■ EXERCISE INSTRUCTIONS: In the data below, how many lines include the word "fuel"? Give only the number.

Saved data entries
>>>>>

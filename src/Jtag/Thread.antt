-- ===== src/Jtag/Thread.antt =====
-- The communication thread, `poll_thread`: a pass of its loop. `scan` gives what the target answers to
-- a request; it stands for OpenOCD and the target behind `jtag_drscan`.
pub mod Laws
pub mod Pass
use demo_testbench.Base.{
  ℕ, zero, suc, List, length, Option, none, some, Outcome, done, hang, ◌>>=◌, ◌>>◌, Status, enomem,
}
use demo_testbench.Base.{ok, failed, is_ok, if◌then◌else◌}
use demo_testbench.Jtag.{
  Jtag, calc_payload_len, build_jtag_req, parse_jtag_resp, adjust_wanted, grow_buf,
}

-- A request is built again, in a larger block, as long as the block is too small.
pub retry_or_end :
    Status × List ℕ × Jtag
    → ℕ
    → (Jtag → Outcome (Status × List ℕ × ℕ × Jtag))
    → Outcome (Status × List ℕ × ℕ × Jtag)
retry_or_end (enomem, req, u) size again = again u
retry_or_end (s, req, u) size again = done (s, req, size, u)

module _ (realloc : Option (List ℕ) → ℕ → Option (List ℕ)) where
  -- The inner loop, with the size of the blocks for request and response. The memory for these is
  -- taken to be given.
  pub build_loop : ℕ → Jtag → ℕ → ℕ → ℕ → Outcome (Status × List ℕ × ℕ × Jtag)
  unfolding retry_or_end
  build_loop zero u wr_words rd_words size = hang
  build_loop (suc fuel) u wr_words rd_words size = do
    built ← build_jtag_req realloc u wr_words rd_words size
    retry_or_end built size (λ u'. build_loop fuel u' wr_words rd_words (grow_buf size))

  module _ (scan : List ℕ → Option (List ℕ)) where
    -- What the thread does with the answer to a request: the number of words wanted next.
    pub take_answer : Option (List ℕ) → Jtag → ℕ → ℕ → ℕ → ℕ → ℕ → Outcome (Option (ℕ × Jtag))
    take_answer none u transfer_size min_wanted wanted wr_words rd_words = done none
    take_answer (some resp) u transfer_size min_wanted wanted wr_words rd_words = do
      (acked, received, u') ← parse_jtag_resp u resp transfer_size
      wanted' ← adjust_wanted u.target_word_width min_wanted wanted wr_words rd_words acked received
      done (some (wanted', u'))

    -- A pass of the outer loop; `none` where it ends the thread.
    pub thread_step : ℕ → Jtag → ℕ → ℕ → ℕ → Outcome (Option (ℕ × Jtag) × ℕ)
    unfolding take_answer
    thread_step fuel u min_wanted wanted size = do
      (payload, wr_words, rd_words) ← calc_payload_len u wanted
      (s, req, size', u') ← build_loop fuel u wr_words rd_words size
      if is_ok s
          then (take_answer (scan req) u' (length req) min_wanted wanted wr_words rd_words
              >>= λ next. done (next, size'))
          else done (none, size')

<<<<<

■ COMPLETED TASK: 4